Running the Tutorial Script

This tutorial example requires a single input file:-

c:\PoPy\examples\builtin_tut_example.pyml

Open a PoPy Command Prompt to setup the PoPy environment in this folder:-

c:\PoPy\examples\

With the PoPy environment enabled, you can open the script using:-

$ popy_edit builtin_tut_example.pyml

Again, with the PoPy environment enabled, call popy_run on the Tut Script from the command line:-

$ popy_run builtin_tut_example.pyml

When the tut script has terminated, you can view the output of the fit using popy_view, by typing the following command:-

$ popy_view builtin_tut_example.pyml.html

Note the extra ‘.html’ extension in the above command. This command opens a local .html file in your web browser to summarise the result of the generating process.

You can compare your local html output with the pre-computed documentation output, see First order absorption model with peripheral compartment. You should expect some minor numerical differences when comparing results with the documentation.

Syntax of Tut Script

The major structural difference between a Fit Script or Gen Script and a Tut Script is that the generating EFFECTS are encoded in GEN_EFFECTS and the fitting EFFECTS are encoded in FIT_EFFECTS. For example the GEN_EFFECTS section for this tutorial example is as follows:-

GEN_EFFECTS:
    POP: |
        c[AMT] = 100.0
        f[KA] = 0.2
        f[CL] = 2.0
        f[V1] = 50
        f[Q] = 1.0
        f[V2] = 80
        f[KA_isv,CL_isv,V1_isv,Q_isv,V2_isv] = [
            [0.1],
            [0.01, 0.03],
            [0.01, -0.01, 0.09],
            [0.01, 0.02, 0.01, 0.07],
            [0.01, 0.02, 0.01, 0.01, 0.05],
        ]
        f[PNOISE] = 0.15
    ID: |
        c[ID] = sequential(50)
        t[DOSE] = 2.0
        t[OBS] ~ unif(1.0, 50.0; 5)
        # t[OBS] = range(1.0, 50.0; 5)
        r[KA, CL, V1, Q, V2] ~ mnorm([0,0,0,0,0], f[KA_isv,CL_isv,V1_isv,Q_isv,V2_isv])

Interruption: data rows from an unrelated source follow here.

-- ===== src/Net/Loops/Pending.antt =====
-- What is still to be sent in answer to the messages, by the state of a connection.
use golang_tools.Base.{
  ◌≤◌, ◌≡◌, refl, ap, ◌∙◌, subst, sym, arith, List, [], ◌∷◌, ◌++◌, length, length-append, Option,
  none, some,
}
use golang_tools.Net.{ClientMsg}
use golang_tools.Net.Loops.{
  Link, up, closed, reset, closing, IsDown, Codec, Reader, reading, handing, failing, leaving,
  ended, Deliverer, waiting, asking, sending, Outgoing, reply, pushed, Conn,
}
use golang_tools.Net.Loops.Messages.{messages}

module _ {Frame : Type 0} where
  -- The answers among the frames of a connection.
  abbrev pub replies : List (Outgoing Frame) → List Frame
  replies [] = []
  replies (reply f ∷ os) = f ∷ replies os
  replies (pushed f ∷ os) = replies os

  abbrev pub taken : Option (Outgoing Frame) → List Frame
  taken none = []
  taken (some (reply f)) = f ∷ []
  taken (some (pushed f)) = []

  abbrev pub coded : Option Frame → List Frame → List Frame
  coded none fs = fs
  coded (some f) fs = f ∷ fs

  pub replies-append :
      (os : List (Outgoing Frame)) (o : Outgoing Frame)
      → replies (os ++ (o ∷ [])) ≡ replies os ++ taken (some o)
  replies-append [] (reply f) = refl
  replies-append [] (pushed f) = refl
  replies-append (reply g ∷ os) o = ap (◌∷◌ g) (replies-append os o)
  replies-append (pushed g ∷ os) o = replies-append os o

  length-taken : (o : Option (Outgoing Frame)) → length (taken o) ≤ 1
  length-taken none = omega arith
  length-taken (some (reply f)) = omega arith
  length-taken (some (pushed f)) = omega arith

abbrev pub unread : Reader → List ClientMsg → List ClientMsg
unread reading ms = ms
unread (handing m) ms = m ∷ ms
unread failing ms = []
unread leaving ms = []
unread ended ms = []

module _ {In Frame S : Type 0} (codec : Codec In Frame)
    (call_back : S → ClientMsg → S × Option ClientMsg) where
  abbrev pub framed : Option ClientMsg → List Frame → List Frame
  framed none fs = fs
  framed (some r) fs = coded (codec.encode r) fs

  -- The frames of the session's answers to messages, in their order.
  unfoldable pub replies_to : S → List ClientMsg → List Frame
  replies_to s [] = []
  replies_to s (m ∷ ms) = framed (call_back s m).1 (replies_to (call_back s m).0 ms)

  abbrev pub undelivered : Deliverer Frame → S → List ClientMsg → List Frame
  undelivered waiting s ms = replies_to s ms
  undelivered (asking m) s ms = replies_to s (m ∷ ms)
  undelivered (sending f) s ms = f ∷ replies_to s ms

  abbrev pub pend :
      Option (Outgoing Frame) → Deliverer Frame → S → Reader → List ClientMsg → List Frame
  pend w d s r ms = taken w ++ undelivered d s (unread r ms)

  -- What is still to be sent in answer to what has come in and to what will.
  abbrev pub pending : Conn In Frame S → List Frame
  pending c = pend c.writer c.deliverer c.session c.reader (messages codec c.incoming)

  -- What is missing of the answers: while the connection is up just what is pending, if it was closed two
  -- frames at most, and if it was reset any.
  abbrev pub Missing : Link → List Frame → List Frame → Type 0
  Missing up rest ps = rest ≡ ps
  Missing closed rest ps = length rest ≤ 2
  Missing reset rest ps = Unit {0}

  abbrev pub Kept : List Frame → Conn In Frame S → Type 0
  Kept all c =
      (rest : List Frame) × (replies c.sent ++ rest ≡ all) × Missing c.link rest (pending c)

  pub Missing-same :
      (l : Link) (rest ps qs : List Frame) → ps ≡ qs → Missing l rest ps → Missing l rest qs
  Missing-same up rest ps qs e h = h ∙ e
  Missing-same closed rest ps qs e h = h
  Missing-same reset rest ps qs e h = tt

  length-coded : (o : Option Frame) → length (coded o []) ≤ 1
  length-coded none = omega arith
  length-coded (some f) = omega arith

  length-framed : (o : Option ClientMsg) → length (framed o []) ≤ 1
  length-framed none = omega arith
  length-framed (some r) = length-coded (codec.encode r)

  -- With no message unread at most one answer is undelivered.
  length-undelivered : (d : Deliverer Frame) (s : S) → length (undelivered d s []) ≤ 1
  unfolding replies_to
  length-undelivered waiting s = omega arith
  length-undelivered (asking m) s = length-framed (call_back s m).1
  length-undelivered (sending f) s = omega arith

  pub few_pending :
      (w : Option (Outgoing Frame)) (d : Deliverer Frame) (s : S)
      → length (pend w d s reading []) ≤ 2
  few_pending w d s =
      omega (
        arith,
        length-append (taken w) (undelivered d s []),
        length-taken w,
        length-undelivered d s,
      )

  pub Missing-closing :
      (l : Link) (rest ps qs : List Frame)
      → length ps ≤ 2
      → Missing l rest ps
      → Missing (closing l) rest qs
  Missing-closing up rest ps qs few h = subst (λ xs. length xs ≤ 2) (sym h) few
  Missing-closing closed rest ps qs few h = h
  Missing-closing reset rest ps qs few h = tt

  pub Missing-reset : (l : Link) (rest qs : List Frame) → l ≡ reset → Missing l rest qs
  Missing-reset up rest qs e = absurd (cc)
  Missing-reset closed rest qs e = absurd (cc)
  Missing-reset reset rest qs e = tt

  pub Missing-open : (l : Link) (rest ps : List Frame) → l ≡ up → Missing l rest ps → rest ≡ ps
  Missing-open up rest ps e h = h
  Missing-open closed rest ps e h = absurd (cc)
  Missing-open reset rest ps e h = absurd (cc)

  pub Missing-now : (l : Link) (ps : List Frame) → l ≡ up → Missing l ps ps
  Missing-now up ps e = refl
  Missing-now closed ps e = absurd (cc)
  Missing-now reset ps e = absurd (cc)

  pub Missing-shut :
      (l : Link) (rest ps qs : List Frame) → IsDown l → Missing l rest ps → Missing l rest qs
  Missing-shut up rest ps qs e h = absurd e
  Missing-shut closed rest ps qs e h = h
  Missing-shut reset rest ps qs e h = tt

And the FIT_EFFECTS section is as follows:-

FIT_EFFECTS:
    POP: |
        f[KA] ~ P1.0
        f[CL] ~ P1.0
        f[V1] ~ P20
        f[Q] ~ P0.5
        f[V2] ~ P100
        f[KA_isv,CL_isv,V1_isv,Q_isv,V2_isv] ~ spd_matrix() [
            [0.05],
            [0.01, 0.05],
            [0.01, 0.01, 0.05],
            [0.01, 0.01, 0.01, 0.05],
            [0.01, 0.01, 0.01, 0.01, 0.05],
        ]
        f[PNOISE] ~ P0.1
    ID: |
        r[KA, CL, V1, Q, V2] ~ mnorm([0,0,0,0,0], f[KA_isv,CL_isv,V1_isv,Q_isv,V2_isv])

The GEN_EFFECTS get passed to the Gen Script and the FIT_EFFECTS get passed to the Fit Script. From the examples above you can see that the GEN_EFFECTS->POP section has:-

f[X] = true_value

Whereas the FIT_EFFECTS->POP section has:-

f[X] ~ P starting_value

Reflecting the fact that the f[X] are known constants for a Gen Script, but are unknown values to be estimated in a Fit Script.

Summary of Tut Results

The Tut Script generates an output folder containing four new scripts:-

builtin_tut_example.pyml_output/
    builtin_tut_example_gen.pyml
    builtin_tut_example_fit.pyml
    builtin_tut_example_comp.pyml
    builtin_tut_example_tutsum.pyml

See Files Generated by Tut Script for more info. These four scripts are run in order. The Gen Script is described in Generate a Two Compartment PopPK Data Set and the Fit Script is described in Fitting a Two Compartment PopPK Model. Therefore here we will focus on the Comp Script outputs, which are fitted f[X] and generated f[X] plots and their objective values. The simplest comparison output is a visual comparison of the true and fitted f[X] PK curves and the synthetic measurement data, see Table 32.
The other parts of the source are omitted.